7. The autonomous warehousing method for an unmanned ship according to claim 6, characterized in that: The step of verifying the generated local trajectory specifically includes: Path point splitting: Split the generated local trajectory into several line segments and several path points according to the preset spacing; Curvature judgment: Set a sliding window of preset length, and slide each path point as the starting point to intercept a curve of preset length as a local curve, and judge whether the curvature of each local curve meets the standard.
8. The autonomous warehousing method for an unmanned ship according to claim 7, characterized in that: The step of calculating the path curvature specifically includes: According to the obtained path points, multiple continuous path points are selected, and the line segments corresponding to the selected multiple continuous path points are accumulated to obtain the trajectory distance; According to the selected multiple continuous path points, the tangent directions of the path points at the beginning and end of the corresponding trajectory are obtained, the angular difference between the tangent directions of the path points at the beginning and end of the corresponding trajectory is calculated, and the angular difference is converted into radians to obtain the tangent radian difference of the trajectory; The trajectory radius is calculated based on the ratio of the trajectory distance to the trajectory tangential arc difference, and the path curvature is calculated based on the trajectory radius; wherein the path curvature and the trajectory radius are reciprocals of each other.

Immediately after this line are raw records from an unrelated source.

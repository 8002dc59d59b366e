-- ===== src/Approval/OneTime.antt =====
-- approval.rs (crates/zbrain/src): a consumed challenge and the operations that come after.
use mathlib.Core.Path.{subst}
use zbrain.Prelude.{
  ℕ, String, true, false, ◌≡◌, ◌≢◌, sym, ◌∙◌, some, List, [], ◌∷◌, eq_iff, ok, arith, All,
}
use zbrain.Prelude.Assoc.{insert}
use zbrain.Ids.Generated.{new_challenge_id}
use zbrain.Approval.{Challenge, ChallengeItem, ChallengePrepare}
use zbrain.Approval.RecordLaws.{consumed-granted}
use zbrain.Approval.Ceremony.{
  Crates, Call, Files, read_challenge, validate_token, prepare, prepare_batch, prepared,
  prepared_batch, grant, grant_items, consume, release, granted_record, prepare_checks,
  prepare_batch_checks, grant_checks, grant_items_checks, consume_checks,
}
use zbrain.Approval.Files.{
  Op, prepare_op, prepare_batch_op, grant_op, grant_items_op, consume_op, run_op, run_ops, Holds,
  IsSound, checked_write-files, read_challenge-parts, read_challenge-Holds, Holds-insert_other,
  run_op-IsSound,
}

-- The random bytes of a new challenge do not make the id anew.
abbrev pub AvoidsId : String → Op → Type 0
AvoidsId id (prepare_op call p) =
    (random : List ℕ) → call.random ≡ some random → new_challenge_id random ≢ id
AvoidsId id (prepare_batch_op call items) =
    (random : List ℕ) → call.random ≡ some random → new_challenge_id random ≢ id
AvoidsId id _ = Unit

module _ (crates : Crates) (workspace : String) where
  pub record IsConsumed (files : Files crates) (id : String) : Type 0 where
    pub challenge : Challenge
    pub held : Holds crates workspace files id challenge
    pub is_consumed : challenge.consumed ≡ true

module _ (crates : Crates) (workspace : String) where
  -- What is read of a consumed challenge is the consumed record.
  pub read_consumed :
      (call : Call) (id : String) (files : Files crates) (c : Challenge)
      → IsConsumed crates workspace files id
      → read_challenge crates workspace call id files ≡ ok c
      → (c.consumed ≡ true) × (c.granted ≡ true)
  read_consumed call id files c k r =
      let (contents, stored, decoded, valid) =
        read_challenge-parts crates workspace call id files c r in
      let consumed : c.consumed ≡ true =
        ground (arith, k.held.stored, k.held.decoded, k.is_consumed) in
      (consumed, consumed-granted crates.chrono crates.sha256 workspace c valid consumed)

  IsConsumed-insert_other :
      (files : Files crates) (id j : String) (b : crates.Json)
      → j ≢ id
      → IsConsumed crates workspace files id
      → IsConsumed crates workspace (insert j b files) id
  IsConsumed-insert_other files id j b other k = record {
    challenge = k.challenge;
    held =
        Holds-insert_other crates workspace files id j b k.challenge (ground (arith, eq_iff j id))
          k.held;
    is_consumed = k.is_consumed;
  }

  prepare_checks-ok :
      (call : Call) (p : ChallengePrepare) (c : Challenge)
      → prepare_checks crates workspace call p ≡ ok c
      → (random : List ℕ) × (call.random ≡ some random) × (c.id ≡ new_challenge_id random)
  unfolding prepare_checks prepared
  prepare_checks-ok call p c h = ground arith

  prepare_batch_checks-ok :
      (call : Call) (items : List ChallengeItem) (c : Challenge)
      → prepare_batch_checks crates workspace call items ≡ ok c
      → (random : List ℕ) × (call.random ≡ some random) × (c.id ≡ new_challenge_id random)
  unfolding prepare_batch_checks prepared_batch
  prepare_batch_checks-ok call items c h = ground arith

  release-id :
      (call : Call) (c : Challenge) (g : Challenge × String)
      → release crates workspace call c ≡ ok g
      → g.0.id ≡ c.id
  unfolding release granted_record
  release-id call c g h = ground arith

  -- A grant reads an ungranted record and keeps its id.
  pub grant_checks-ok :
      (call : Call) (j : String) (files : Files crates) (g : Challenge × String)
      → grant_checks crates workspace call j files ≡ ok g
      → (c : Challenge) × (read_challenge crates workspace call j files ≡ ok c)
        × (c.granted ≡ false)
        × (g.0.id ≡ c.id)
  unfolding grant_checks
  grant_checks-ok call j files g h =
      let parts : (c : Challenge) × (read_challenge crates workspace call j files ≡ ok c)
          × (c.granted ≡ false)
          × (release crates workspace call c ≡ ok g) =
        ground arith in
      let (c, r, ungranted, released) = parts in (c, r, ungranted, release-id call c g released)

  pub grant_items_checks-ok :
      (call : Call) (j : String) (granted skipped : List String) (files : Files crates)
      (g : Challenge × String)
      → grant_items_checks crates workspace call j granted skipped files ≡ ok g
      → (c : Challenge) × (read_challenge crates workspace call j files ≡ ok c)
        × (c.granted ≡ false)
        × (g.0.id ≡ c.id)
  unfolding grant_items_checks
  grant_items_checks-ok call j granted skipped files g h =
      let parts : (c : Challenge) × (read_challenge crates workspace call j files ≡ ok c)
          × (c.granted ≡ false)
          × (release crates workspace call
                (record c { granted_items = granted; skipped_items = skipped })
              ≡ ok g) =
        ground arith in
      let (c, r, ungranted, released) = parts in (c, r, ungranted, release-id call _ g released)

  -- A consumption reads a record that was not consumed and keeps its id.
  pub consume_checks-ok :
      (call : Call) (j token : String) (files : Files crates) (c : Challenge)
      → consume_checks crates workspace call j token files ≡ ok c
      → (d : Challenge) × (read_challenge crates workspace call j files ≡ ok d)
        × (d.consumed ≡ false)
        × (c.id ≡ d.id)
        × (c.consumed ≡ true)
  unfolding consume_checks validate_token
  consume_checks-ok call j token files c h = ground arith

  -- In sound files a record with the consumed id that is read is the consumed one.
  pub read_same :
      (call : Call) (id j : String) (files : Files crates) (c : Challenge)
      → IsSound crates workspace files
      → IsConsumed crates workspace files id
      → read_challenge crates workspace call j files ≡ ok c
      → c.id ≡ id
      → (c.consumed ≡ true) × (c.granted ≡ true)
  read_same call id j files c s k r same =
      let held = read_challenge-Holds crates workspace call j files s r in
      let here : j ≡ id = ground (arith, held.placed) in
      read_consumed call id files c k
        (subst (λ x. read_challenge crates workspace call x files ≡ ok c) here r)

  run_op-IsConsumed :
      (op : Op) (files : Files crates) (id : String)
      → AvoidsId id op
      → IsSound crates workspace files
      → IsConsumed crates workspace files id
      → IsConsumed crates workspace (run_op crates workspace op files) id
  unfolding run_op prepare prepare_batch grant grant_items consume
  run_op-IsConsumed (prepare_op call p) files id avoids s k =
      checked_write-files crates workspace (λ f. IsConsumed crates workspace f id) call files _
        (λ c. c) (λ c. c) k
        λ c e v.
          let (random, drawn, made) = prepare_checks-ok call p c e in
          IsConsumed-insert_other files id c.id _ (λ same. avoids random drawn (sym made ∙ same)) k
  run_op-IsConsumed (prepare_batch_op call items) files id avoids s k =
      checked_write-files crates workspace (λ f. IsConsumed crates workspace f id) call files _
        (λ c. c) (λ c. c) k
        λ c e v.
          let (random, drawn, made) = prepare_batch_checks-ok call items c e in
          IsConsumed-insert_other files id c.id _ (λ same. avoids random drawn (sym made ∙ same)) k
  run_op-IsConsumed (grant_op call j) files id avoids s k =
      checked_write-files crates workspace (λ f. IsConsumed crates workspace f id) call files _
        (λ g. g.0) (λ g. g) k
        λ g e v.
          let (c, r, ungranted, ids) = grant_checks-ok call j files g e in
          IsConsumed-insert_other files id g.0.id _
            (λ same. ground (arith, read_same call id j files c s k r (sym ids ∙ same))) k
  run_op-IsConsumed (grant_items_op call j granted skipped) files id avoids s k =
      checked_write-files crates workspace (λ f. IsConsumed crates workspace f id) call files _
        (λ g. g.0) (λ g. g) k
        λ g e v.
          let (c, r, ungranted, ids) = grant_items_checks-ok call j granted skipped files g e in
          IsConsumed-insert_other files id g.0.id _
            (λ same. ground (arith, read_same call id j files c s k r (sym ids ∙ same))) k
  run_op-IsConsumed (consume_op call j token) files id avoids s k =
      checked_write-files crates workspace (λ f. IsConsumed crates workspace f id) call files _
        (λ c. c) (λ c. c) k
        λ c e v.
          let (d, r, fresh, ids, spent) = consume_checks-ok call j token files c e in
          IsConsumed-insert_other files id c.id _
            (λ same. ground (arith, read_same call id j files d s k r (sym ids ∙ same))) k

  pub run_ops-IsConsumed :
      (ops : List Op) (files : Files crates) (id : String)
      → All (AvoidsId id) ops
      → IsSound crates workspace files
      → IsConsumed crates workspace files id
      → IsConsumed crates workspace (run_ops crates workspace ops files) id
  unfolding run_ops
  run_ops-IsConsumed [] files id avoids s k = k
  run_ops-IsConsumed (op ∷ ops) files id (a, avoids) s k =
      run_ops-IsConsumed ops (run_op crates workspace op files) id avoids
        (run_op-IsSound crates workspace op files s) (run_op-IsConsumed op files id a s k)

9. The autonomous warehousing method for an unmanned ship according to claim 1, characterized in that: The steps of the storage location marking are specifically as follows: Control the unmanned boat to maintain a fixed position and angle at the berth for a preset period of time, calculate the average GPS coordinates and average angles of the unmanned boat during the preset period of time, obtain the position corresponding to the average GPS coordinates as the storage location, obtain the average angle as the storage location direction angle, and record and store the storage location and storage location direction angle.
10. The autonomous warehousing method for an unmanned ship according to claim 9, characterized in that: The step of location marking further includes the following steps: Distance and angle verification: Based on the GPS coordinates of the storage location, convert them from the geodetic coordinate system to the plane rectangular coordinate system; obtain the actual docking position of the unmanned boat, and calculate the Euclidean distance between the actual docking position of the unmanned boat and the storage location; obtain the heading angle of the unmanned boat, and calculate the angle difference between the heading angle of the unmanned boat and the direction angle of the storage location based on the direction angle of the storage location; determine whether the calculated Euclidean distance is less than the preset distance and whether the angle difference is less than 90°.